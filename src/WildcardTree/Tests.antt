-- ===== src/WildcardTree/Tests.antt =====
-- Three names in a tree: "ab", "abc" and "ad", with a as 1, b as 2, c as 3 and d as 4.
use baiakthunder.Base.{◌≡◌, refl, true, false, [], ◌∷◌, not, ◌&&◌, ◌||◌, arith}
use baiakthunder.WildcardTree.{
  Node, node, leaf, child, insert, remove, find_one, no_error, name_is_too_ambiguous,
}
use baiakthunder.WildcardTree.Words.{has, same_name, IsTidy, has-insert}
use baiakthunder.WildcardTree.Removal.{has-remove}
use baiakthunder.WildcardTree.Search.{Answers, find_one-Answers}

abbrev nobody : Node
nobody = node false leaf

-- "ab" and "ad"
abbrev two_names : Node
two_names =
    node false
      (child 1 (node false (child 2 (node true leaf) (child 4 (node true leaf) leaf))) leaf)

inserted_in_order : insert (1 ∷ 2 ∷ []) (insert (1 ∷ 4 ∷ []) nobody) ≡ two_names
unfolding insert
inserted_in_order = refl

taken_out_again : remove (1 ∷ 2 ∷ []) (remove (1 ∷ 4 ∷ []) two_names) ≡ nobody
unfolding remove
taken_out_again = refl

longer_name_survives :
    find_one (remove (1 ∷ 2 ∷ []) (insert (1 ∷ 2 ∷ 3 ∷ []) two_names)) (1 ∷ 2 ∷ [])
    ≡ (no_error, 1 ∷ 2 ∷ 3 ∷ [])
unfolding find_one insert remove
longer_name_survives = refl

-- A name that another one extends cannot be found by its own letters.
hidden_by_longer :
    find_one (insert (1 ∷ 2 ∷ 3 ∷ []) two_names) (1 ∷ 2 ∷ []) ≡ (name_is_too_ambiguous, 1 ∷ 2 ∷ [])
unfolding find_one insert
hidden_by_longer = refl

two_names-IsTidy : IsTidy two_names
two_names-IsTidy = (refl, (refl, tt, omega arith, (refl, tt, tt, tt)), tt, tt)

has-insert_example :
    IsTidy (insert (1 ∷ 2 ∷ 3 ∷ []) two_names)
    × (has (1 ∷ 2 ∷ 3 ∷ []) (insert (1 ∷ 2 ∷ 3 ∷ []) two_names)
        ≡ (same_name (1 ∷ 2 ∷ 3 ∷ []) (1 ∷ 2 ∷ 3 ∷ []) || has (1 ∷ 2 ∷ 3 ∷ []) two_names))
has-insert_example =
    has-insert (1 ∷ 2 ∷ 3 ∷ []) (1 ∷ 2 ∷ 3 ∷ []) two_names (λ e. cc) two_names-IsTidy

has-remove_example :
    IsTidy (remove (1 ∷ 2 ∷ []) two_names)
    × (has (1 ∷ 4 ∷ []) (remove (1 ∷ 2 ∷ []) two_names)
        ≡ (not (same_name (1 ∷ 2 ∷ []) (1 ∷ 4 ∷ [])) && has (1 ∷ 4 ∷ []) two_names))
has-remove_example = has-remove (1 ∷ 2 ∷ []) (1 ∷ 4 ∷ []) two_names two_names-IsTidy

find_one-Answers_example :
    Answers
      (1 ∷ 2 ∷ [])
      two_names
      (find_one two_names (1 ∷ 2 ∷ [])).0
      (find_one two_names (1 ∷ 2 ∷ [])).1
find_one-Answers_example = find_one-Answers two_names (1 ∷ 2 ∷ []) two_names-IsTidy (λ e. cc)
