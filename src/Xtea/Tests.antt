-- ===== src/Xtea/Tests.antt =====
-- xtea.cpp on nineteen bytes: two groups and a tail of three.
use baiakthunder.Base.{ℕ, ◌^◌, ◌≡◌, refl, List, [], ◌∷◌, arith, length, All}
use baiakthunder.Xtea.{Key, encrypt, decrypt, run, each_block, block_bytes, encrypting, decrypting}
use baiakthunder.Xtea.Bytes.{IsByte}
use baiakthunder.Xtea.Blocks.{reference, crypt-reference, decrypt-encrypt, length-encrypt}

abbrev secret : Key
secret = 0x01020304 ∷ 0x05060708 ∷ 0x090a0b0c ∷ 0x0d0e0f10 ∷ []

abbrev plain : List ℕ
plain = 1 ∷ 2 ∷ 3 ∷ 4 ∷ 5 ∷ 6 ∷ 7 ∷ 8 ∷ 9 ∷ 10 ∷ 11 ∷ 12 ∷ 13 ∷ 14 ∷ 15 ∷ 16 ∷ 17 ∷ 18 ∷ 19 ∷ []

abbrev coded : List ℕ
coded =
    200 ∷ 131 ∷ 247 ∷ 169 ∷ 155 ∷ 186 ∷ 24 ∷ 39 ∷ 138 ∷ 44 ∷ 244 ∷ 66 ∷ 158 ∷ 200 ∷ 249 ∷ 57 ∷ 17
    ∷ 18 ∷ 19 ∷ []

plain-IsByte : All IsByte plain
plain-IsByte = omega arith

-- The two lanes of one block, and the tail.
encrypt-plain : encrypt 2 plain secret ≡ coded
unfolding encrypt run each_block block_bytes
encrypt-plain = refl

-- The same bytes with blocks of eight lanes, which are too large for any of it.
encrypt-plain_wide : encrypt 8 plain secret ≡ coded
unfolding encrypt run each_block block_bytes
encrypt-plain_wide = refl

decrypt-coded : decrypt 1 coded secret ≡ plain
unfolding decrypt run each_block block_bytes
decrypt-coded = refl

crypt-reference_example :
    (encrypt (2 ^ 1) plain secret ≡ reference encrypting secret plain)
    × (decrypt (2 ^ 1) plain secret ≡ reference decrypting secret plain)
crypt-reference_example = crypt-reference 1 plain secret (omega arith) (omega arith)

decrypt-encrypt_example : decrypt (2 ^ 5) (encrypt (2 ^ 3) plain secret) secret ≡ plain
decrypt-encrypt_example =
    decrypt-encrypt 5 3 plain secret (omega arith) (omega arith) (omega arith) plain-IsByte

length-encrypt_example : length (encrypt (2 ^ 3) plain secret) ≡ 19
length-encrypt_example = length-encrypt 3 plain secret (omega arith) (omega arith)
——————
◆ **WORK TASK**
Generate an exact reproduction of all entries.

◆ **SOLVED PROBLEM**
filename src/WildcardTree/Tests.antt
-- ===== src/WildcardTree/Tests.antt =====
-- Three names in a tree: "ab", "abc" and "ad", with a as 1, b as 2, c as 3 and d as 4.
use baiakthunder.Base.{◌≡◌, refl, true, false, [], ◌∷◌, not, ◌&&◌, ◌||◌, arith}
use baiakthunder.WildcardTree.{
  Node, node, leaf, child, insert, remove, find_one, no_error, name_is_too_ambiguous,
}
use baiakthunder.WildcardTree.Words.{has, same_name, IsTidy, has-insert}
use baiakthunder.WildcardTree.Removal.{has-remove}
use baiakthunder.WildcardTree.Search.{Answers, find_one-Answers}

abbrev nobody : Node
nobody = node false leaf

-- "ab" and "ad"
abbrev two_names : Node
two_names =
    node false
      (child 1 (node false (child 2 (node true leaf) (child 4 (node true leaf) leaf))) leaf)

inserted_in_order : insert (1 ∷ 2 ∷ []) (insert (1 ∷ 4 ∷ []) nobody) ≡ two_names
unfolding insert
inserted_in_order = refl

taken_out_again : remove (1 ∷ 2 ∷ []) (remove (1 ∷ 4 ∷ []) two_names) ≡ nobody
unfolding remove
taken_out_again = refl

longer_name_survives :
    find_one (remove (1 ∷ 2 ∷ []) (insert (1 ∷ 2 ∷ 3 ∷ []) two_names)) (1 ∷ 2 ∷ [])
    ≡ (no_error, 1 ∷ 2 ∷ 3 ∷ [])
unfolding find_one insert remove
longer_name_survives = refl

-- A name that another one extends cannot be found by its own letters.
hidden_by_longer :
    find_one (insert (1 ∷ 2 ∷ 3 ∷ []) two_names) (1 ∷ 2 ∷ []) ≡ (name_is_too_ambiguous, 1 ∷ 2 ∷ [])
unfolding find_one insert
hidden_by_longer = refl

two_names-IsTidy : IsTidy two_names
two_names-IsTidy = (refl, (refl, tt, omega arith, (refl, tt, tt, tt)), tt, tt)

has-insert_example :
    IsTidy (insert (1 ∷ 2 ∷ 3 ∷ []) two_names)
    × (has (1 ∷ 2 ∷ 3 ∷ []) (insert (1 ∷ 2 ∷ 3 ∷ []) two_names)
        ≡ (same_name (1 ∷ 2 ∷ 3 ∷ []) (1 ∷ 2 ∷ 3 ∷ []) || has (1 ∷ 2 ∷ 3 ∷ []) two_names))
has-insert_example =
    has-insert (1 ∷ 2 ∷ 3 ∷ []) (1 ∷ 2 ∷ 3 ∷ []) two_names (λ e. cc) two_names-IsTidy

has-remove_example :
    IsTidy (remove (1 ∷ 2 ∷ []) two_names)
    × (has (1 ∷ 4 ∷ []) (remove (1 ∷ 2 ∷ []) two_names)
        ≡ (not (same_name (1 ∷ 2 ∷ []) (1 ∷ 4 ∷ [])) && has (1 ∷ 4 ∷ []) two_names))
has-remove_example = has-remove (1 ∷ 2 ∷ []) (1 ∷ 4 ∷ []) two_names two_names-IsTidy

find_one-Answers_example :
    Answers
      (1 ∷ 2 ∷ [])
      two_names
      (find_one two_names (1 ∷ 2 ∷ [])).0
      (find_one two_names (1 ∷ 2 ∷ [])).1
find_one-Answers_example = find_one-Answers two_names (1 ∷ 2 ∷ []) two_names-IsTidy (λ e. cc)
filename src/Xtea/Tests.antt
-- ===== src/Xtea/Tests.antt =====
-- xtea.cpp on nineteen bytes: two groups and a tail of three.
use baiakthunder.Base.{ℕ, ◌^◌, ◌≡◌, refl, List, [], ◌∷◌, arith, length, All}
use baiakthunder.Xtea.{Key, encrypt, decrypt, run, each_block, block_bytes, encrypting, decrypting}
use baiakthunder.Xtea.Bytes.{IsByte}
use baiakthunder.Xtea.Blocks.{reference, crypt-reference, decrypt-encrypt, length-encrypt}

abbrev secret : Key
secret = 0x01020304 ∷ 0x05060708 ∷ 0x090a0b0c ∷ 0x0d0e0f10 ∷ []

abbrev plain : List ℕ
plain = 1 ∷ 2 ∷ 3 ∷ 4 ∷ 5 ∷ 6 ∷ 7 ∷ 8 ∷ 9 ∷ 10 ∷ 11 ∷ 12 ∷ 13 ∷ 14 ∷ 15 ∷ 16 ∷ 17 ∷ 18 ∷ 19 ∷ []

abbrev coded : List ℕ
coded =
    200 ∷ 131 ∷ 247 ∷ 169 ∷ 155 ∷ 186 ∷ 24 ∷ 39 ∷ 138 ∷ 44 ∷ 244 ∷ 66 ∷ 158 ∷ 200 ∷ 249 ∷ 57 ∷ 17
    ∷ 18 ∷ 19 ∷ []

plain-IsByte : All IsByte plain
plain-IsByte = omega arith

-- The two lanes of one block, and the tail.
encrypt-plain : encrypt 2 plain secret ≡ coded
unfolding encrypt run each_block block_bytes
encrypt-plain = refl

-- The same bytes with blocks of eight lanes, which are too large for any of it.
encrypt-plain_wide : encrypt 8 plain secret ≡ coded
unfolding encrypt run each_block block_bytes
encrypt-plain_wide = refl

decrypt-coded : decrypt 1 coded secret ≡ plain
unfolding decrypt run each_block block_bytes
decrypt-coded = refl

crypt-reference_example :
    (encrypt (2 ^ 1) plain secret ≡ reference encrypting secret plain)
    × (decrypt (2 ^ 1) plain secret ≡ reference decrypting secret plain)
crypt-reference_example = crypt-reference 1 plain secret (omega arith) (omega arith)

decrypt-encrypt_example : decrypt (2 ^ 5) (encrypt (2 ^ 3) plain secret) secret ≡ plain
decrypt-encrypt_example =
    decrypt-encrypt 5 3 plain secret (omega arith) (omega arith) (omega arith) plain-IsByte

length-encrypt_example : length (encrypt (2 ^ 3) plain secret) ≡ 19
length-encrypt_example = length-encrypt 3 plain secret (omega arith) (omega arith)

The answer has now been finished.